A genome-wide approach reveals novel imprinted genes expressed in the human placenta

Abstract

Genomic imprinting characterizes genes with a monoallelic expression, which is dependent on the parental origin of each allele. Approximately 150 imprinted genes are known to date, in humans and mice but, though computational searches have tried to extract intrinsic characteristics of these genes to identify new ones, the existing list is probably far from being comprehensive. We used a high-throughput strategy by diverting the classical use of genotyping microarrays to compare the genotypes of mRNA/cDNA vs. genomic DNA to identify new genes presenting monoallelic expression, starting from human placental material. After filtering of data, we obtained a list of 1,082 putative candidate monoallelic SNPs located in more than one hundred candidate genes. Among these, we found known imprinted genes, such as IPW, GRB10, INPP5F and ZNF597, which contribute to validate the approach. We also explored some likely candidates of our list and identified seven new imprinted genes, including ZFAT, ZFAT-AS1, GLIS3, NTM, MAGI2, ZC3H12Cand LIN28B, four of which encode zinc finger transcription factors. They are, however, not imprinted in the mouse placenta, except for Magi2. We analyzed in more details the ZFAT gene, which is paternally expressed in the placenta (as ZFAT-AS1, a non-coding antisense RNA) but biallelic in other tissues. The ZFAT protein is expressed in endothelial cells, as well as in syncytiotrophoblasts. The expression of this gene is, moreover, downregulated in placentas from complicated pregnancies. With this work we increase by about 10% the number of known imprinted genes in humans.
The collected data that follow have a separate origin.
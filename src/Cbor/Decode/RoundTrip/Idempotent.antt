-- ===== src/Cbor/Decode/RoundTrip/Idempotent.antt =====
-- Encoding again what was decoded: sorting is idempotent, so the bytes are the same.
use aafp_go.Base.{
  suc, ◌≡◌, refl, sym, ap, ◌∙◌, Bool, true, false, Bool-cases, inl, inr, arith, Bytes, List, [],
  ◌∷◌,
}
use aafp_go.Base.Int.{ℤ}
use aafp_go.Cbor.{
  Value, Items, IntEntries, StrEntries, unsigned, negative, byte_string, text_string, array,
  int_map, str_map, boolean, null, no_items, item, no_ints, int_entry, no_strs, str_entry,
  to_int_entries, to_str_entries,
}
use aafp_go.Cbor.Encode.{
  encode, encode_items, encode_ints, encode_strs, count_items, insert, sort_entries, bytes_lt,
  int_key_less, str_key_less, encode_int_key, write_int_map, write_str_map,
}
use aafp_go.Cbor.Decode.RoundTrip.Shape.{canon, canon_items, canon_ints, canon_strs, str_map_of}
use aafp_go.Cbor.Decode.RoundTrip.Sorting.{map_values, sort_entries-map_values, length-sort_entries}

module _ {ℓ κ} {K : Type ℓ} {V : Type κ} (less : K → K → Bool)
    (asym : (a b : K) → less a b ≡ true → less b a ≡ false) where
  -- No entry belongs before the one ahead of it.
  abbrev Follows : K → List (K × V) → Type 0
  Follows k [] = Unit
  Follows k ((j, w) ∷ es) = less j k ≡ false

  abbrev IsSorted : List (K × V) → Type 0
  IsSorted [] = Unit
  IsSorted ((k, v) ∷ es) = Follows k es × IsSorted es

  insert-Follows :
      (j k : K) (v : V) (es : List (K × V))
      → less k j ≡ false
      → Follows j es
      → Follows j (insert less (k, v) es)
  insert-Follows j k v [] first h = first
  insert-Follows j k v ((i, w) ∷ es) first h = elim (Bool-cases (less i k)) [
    | inl before ↦ rw before h
    | inr after ↦ rw after first
  ]

  insert-IsSorted :
      (k : K) (v : V) (es : List (K × V)) → IsSorted es → IsSorted (insert less (k, v) es)
  insert-IsSorted k v [] h = (tt, tt)
  insert-IsSorted k v ((j, w) ∷ es) (first, h) = elim (Bool-cases (less j k)) [
    | inl before ↦
        rw before (insert-Follows j k v es (asym j k before) first, insert-IsSorted k v es h)
    | inr after ↦ rw after (after, (first, h))
  ]

  sort_entries-IsSorted : (es : List (K × V)) → IsSorted (sort_entries less es)
  sort_entries-IsSorted [] = tt
  sort_entries-IsSorted ((k, v) ∷ es) =
      insert-IsSorted k v (sort_entries less es) (sort_entries-IsSorted es)

  insert_first :
      (k : K) (v : V) (es : List (K × V)) → Follows k es → insert less (k, v) es ≡ (k, v) ∷ es
  insert_first k v [] h = refl
  insert_first k v ((j, w) ∷ es) h = rw h refl

  sort_entries_sorted : (es : List (K × V)) → IsSorted es → sort_entries less es ≡ es
  sort_entries_sorted [] h = refl
  sort_entries_sorted ((k, v) ∷ es) (first, h) =
      ap (insert less (k, v)) (sort_entries_sorted es h) ∙ insert_first k v es first

  pub sort_entries_idempotent :
      (es : List (K × V)) → sort_entries less (sort_entries less es) ≡ sort_entries less es
  sort_entries_idempotent es = sort_entries_sorted (sort_entries less es) (sort_entries-IsSorted es)

pub bytes_lt_asym : (a b : Bytes) → bytes_lt a b ≡ true → bytes_lt b a ≡ false
bytes_lt_asym [] [] h = refl
bytes_lt_asym [] (y ∷ b) h = refl
bytes_lt_asym (x ∷ a) [] h = cc
bytes_lt_asym (x ∷ a) (y ∷ b) h = ground (arith, bytes_lt_asym a b)

int_key_less_asym : (a b : ℤ) → int_key_less a b ≡ true → int_key_less b a ≡ false
unfolding int_key_less
int_key_less_asym a b h = bytes_lt_asym (encode_int_key a) (encode_int_key b) h

pub str_key_less_asym : (a b : Bytes) → str_key_less a b ≡ true → str_key_less b a ≡ false
unfolding str_key_less
str_key_less_asym a b h = ground (arith, bytes_lt_asym a b)

write_int_map_sorted :
    (es : List (ℤ × Bytes)) → write_int_map (sort_entries int_key_less es) ≡ write_int_map es
write_int_map_sorted es =
    rw
      (
        length-sort_entries int_key_less es,
        sort_entries_idempotent int_key_less int_key_less_asym es,
      )
      refl

pub write_str_map_sorted :
    (es : List (Bytes × Bytes)) → write_str_map (sort_entries str_key_less es) ≡ write_str_map es
write_str_map_sorted es =
    rw
      (
        length-sort_entries str_key_less es,
        sort_entries_idempotent str_key_less str_key_less_asym es,
      )
      refl

encode_ints-to_int_entries :
    (es : List (ℤ × Value)) → encode_ints (to_int_entries es) ≡ map_values encode es
unfolding encode
encode_ints-to_int_entries [] = refl
encode_ints-to_int_entries ((k, v) ∷ es) =
    ap (λ t. (k, encode v) ∷ t) (encode_ints-to_int_entries es)

pub encode_strs-to_str_entries :
    (es : List (Bytes × Value)) → encode_strs (to_str_entries es) ≡ map_values encode es
unfolding encode
encode_strs-to_str_entries [] = refl
encode_strs-to_str_entries ((k, v) ∷ es) =
    ap (λ t. (k, encode v) ∷ t) (encode_strs-to_str_entries es)

encode-str_map_of :
    (es : List (Bytes × Value)) → encode (str_map_of es) ≡ write_str_map (map_values encode es)
unfolding encode
encode-str_map_of [] = refl
encode-str_map_of (e ∷ es) = ap write_str_map (encode_strs-to_str_entries (e ∷ es))

count_items-canon : (xs : Items) → count_items (canon_items xs) ≡ count_items xs
unfolding canon
count_items-canon no_items = refl
count_items-canon (item v xs) = ap suc (count_items-canon xs)

mutual
  unfolding encode canon

  -- The value that `Decode` gives back for an encoding has that encoding again.
  pub encode-canon : (v : Value) → encode (canon v) ≡ encode v
  encode-canon (unsigned n) = refl
  encode-canon (negative n) = refl
  encode-canon (byte_string b) = refl
  encode-canon (text_string s) = refl
  encode-canon (array xs) = rw (count_items-canon xs, encode_items-canon xs) refl
  encode-canon (int_map es) =
      ap write_int_map (encode_ints-to_int_entries (sort_entries int_key_less (canon_ints es)))
      ∙ ap write_int_map (sym (sort_entries-map_values encode int_key_less (canon_ints es)))
      ∙ write_int_map_sorted (map_values encode (canon_ints es))
      ∙ ap write_int_map (encode_ints-canon es)
  encode-canon (str_map es) =
      encode-str_map_of (sort_entries str_key_less (canon_strs es))
      ∙ ap write_str_map (sym (sort_entries-map_values encode str_key_less (canon_strs es)))
      ∙ write_str_map_sorted (map_values encode (canon_strs es))
      ∙ ap write_str_map (encode_strs-canon es)
  encode-canon (boolean b) = refl
  encode-canon null = refl

  encode_items-canon : (xs : Items) → encode_items (canon_items xs) ≡ encode_items xs
  encode_items-canon no_items = refl
  encode_items-canon (item v xs) = rw (encode-canon v, encode_items-canon xs) refl

  encode_ints-canon : (es : IntEntries) → map_values encode (canon_ints es) ≡ encode_ints es
  encode_ints-canon no_ints = refl
  encode_ints-canon (int_entry k v es) = rw (encode-canon v, encode_ints-canon es) refl

  encode_strs-canon : (es : StrEntries) → map_values encode (canon_strs es) ≡ encode_strs es
  encode_strs-canon no_strs = refl
  encode_strs-canon (str_entry k v es) = rw (encode-canon v, encode_strs-canon es) refl
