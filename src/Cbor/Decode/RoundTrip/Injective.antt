-- ===== src/Cbor/Decode/RoundTrip/Injective.antt =====
-- What the decoder's reading back says of the encoder: no encoding begins another.
use aafp_go.Base.{
  ℕ, ◌≤◌, ◌≡◌, sym, ap, ◌∙◌, Bytes, ◌++◌, length, drop, drop-append, ok_injective, arith, ◌↔◌, [],
  append-nil,
}
use aafp_go.Cbor.{Value, Limits}
use aafp_go.Cbor.Encode.{encode}
use aafp_go.Cbor.Decode.{decode, max_int}
use aafp_go.Cbor.Decode.RoundTrip.Shape.{Fits, canon}
use aafp_go.Cbor.Decode.RoundTrip.Parts.{Room}
use aafp_go.Cbor.Decode.RoundTrip.Idempotent.{encode-canon}
use aafp_go.Cbor.Decode.RoundTrip.Fuel.{cbor_decode-encode}

-- As many elements as an input of this length may need.
abbrev wide : ℕ → Limits
wide len = record { max_values = len; max_pairs = len }

-- Two encodings, each with something behind it, are the same bytes only where the values have the same
-- canonical form and what is behind them is the same. The bytes are no more than an int counts, and
-- the values' numbers fit their Go types.
pub encode-prefix_free :
    (v w : Value) (r s : Bytes)
    → Fits v
    → Fits w
    → length (encode v ++ r) ≤ max_int
    → encode v ++ r ≡ encode w ++ s
    → (canon v ≡ canon w) × (r ≡ s)
encode-prefix_free v w r s fv fw small same =
    let len = length (encode v ++ r) in
    let len_w : length (encode w ++ s) ≡ len = ap length (sym same) in
    let limits = wide len in
    let room_v : Room limits len = record {
      is_int_len = small;
      values_fit = omega arith;
      pairs_fit = omega arith;
    } in
    let room_w : Room limits (length (encode w ++ s)) = record {
      is_int_len = omega arith;
      values_fit = omega arith;
      pairs_fit = omega arith;
    } in
    let dv = cbor_decode-encode limits v r fv room_v in
    let dw = cbor_decode-encode limits w s fw room_w in
    let both = ok_injective (sym dv ∙ ap (decode limits) same ∙ dw) in
    let lengths : length (encode v) ≡ length (encode w) = ap (λ (p : Value × ℕ). p.1) both in
    (
      ap (λ (p : Value × ℕ). p.0) both,
      sym (drop-append (encode v) r)
          ∙ ap (drop (length (encode v))) same
          ∙ ap (λ n. drop n (encode w ++ s)) lengths
          ∙ drop-append (encode w) s,
    )

-- Two values have one encoding just where they have one canonical form, if the numbers fit their Go
-- types and an int counts the bytes: encoding is by the canonical form alone, and loses nothing of it.
pub encode_iff :
    (v w : Value)
    → Fits v
    → Fits w
    → length (encode v) ≤ max_int
    → (encode v ≡ encode w) ↔ (canon v ≡ canon w)
encode_iff v w fv fw small = (
  λ same.
      let none_v = append-nil (encode v) in
      let none_w = append-nil (encode w) in
      (encode-prefix_free v w [] [] fv fw (rw none_v small) (none_v ∙ same ∙ sym none_w)).0,
  λ same. sym (encode-canon v) ∙ ap encode same ∙ encode-canon w,
)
Figure 1. Sequencing results of SNPs in the human ZFAT and ZFAT-AS1 genes. Imprinted expression was deduced by comparing genotypes of gDNA, cDNA and maternal gDNA, in placenta using SNPs rs rs3739423 (A), rs894344 (B) and rs894343 (C) and in lymphocytes (D).

Figure 2. Sequencing results of SNPs in the murine (A) and bovine (B) Zfat genes. Imprinted expression was deduced by comparing genotypes of gDNA, cDNA and maternal gDNA, in placenta and other tissues.

Figure 3. Sequencing results of SNPs in the murine Magi2 gene. Imprinted expression was deduced by comparing genotypes of gDNA, cDNA and maternal gDNA, in placenta and other tissues.

Figure 4. Real-time RT-PCR of ZFAT in human placentas. Expression of the ZFAT gene was compared between Controls (n = 17), IUGR (pregnancies with intrauterine growth restriction) (n = 16), PE (pregnancies complicated with preeclampsia) (n = 15) and PE + IUGR (n = 5), after normalization by the SDHA housekeeping gene. *p = 0,02, ** p = 0,002 in a group vs. the control group.

Figure 5. Immunohistochemistry to detect ZFAT on sections of human placentas. (A and B) (19 and 32 weeks of amenorrhea respectively) and (C) (fetal lung). (+) shows the detection with the primary antibody sc-87510 and (-) the negative control of detection without this antibody. Plain arrows show the strong labeling of endothelial cells while dotted arrows point to the syncytiotrophoblast labeling. (D) A western blot of human and mouse tissues revealed by an anti-ZFAT antibody. PBL stands for peripheral blood leukocytes whereas JEG-3 is a human choriocarcinoma cell line commonly used as a model of trophoblast.

Figure 6. Cloning and sequencing of PCR fragments obtained from bisulfite-treated placental gDNA in the promoter CpG island of the LIN28B gene. Black and white circles represent methylated and unmethylated cytosines respectively over the 32 CpG dinucleotides under study. SNPs are present within this fragment and allow the study of the allelic segregation and parental transmission.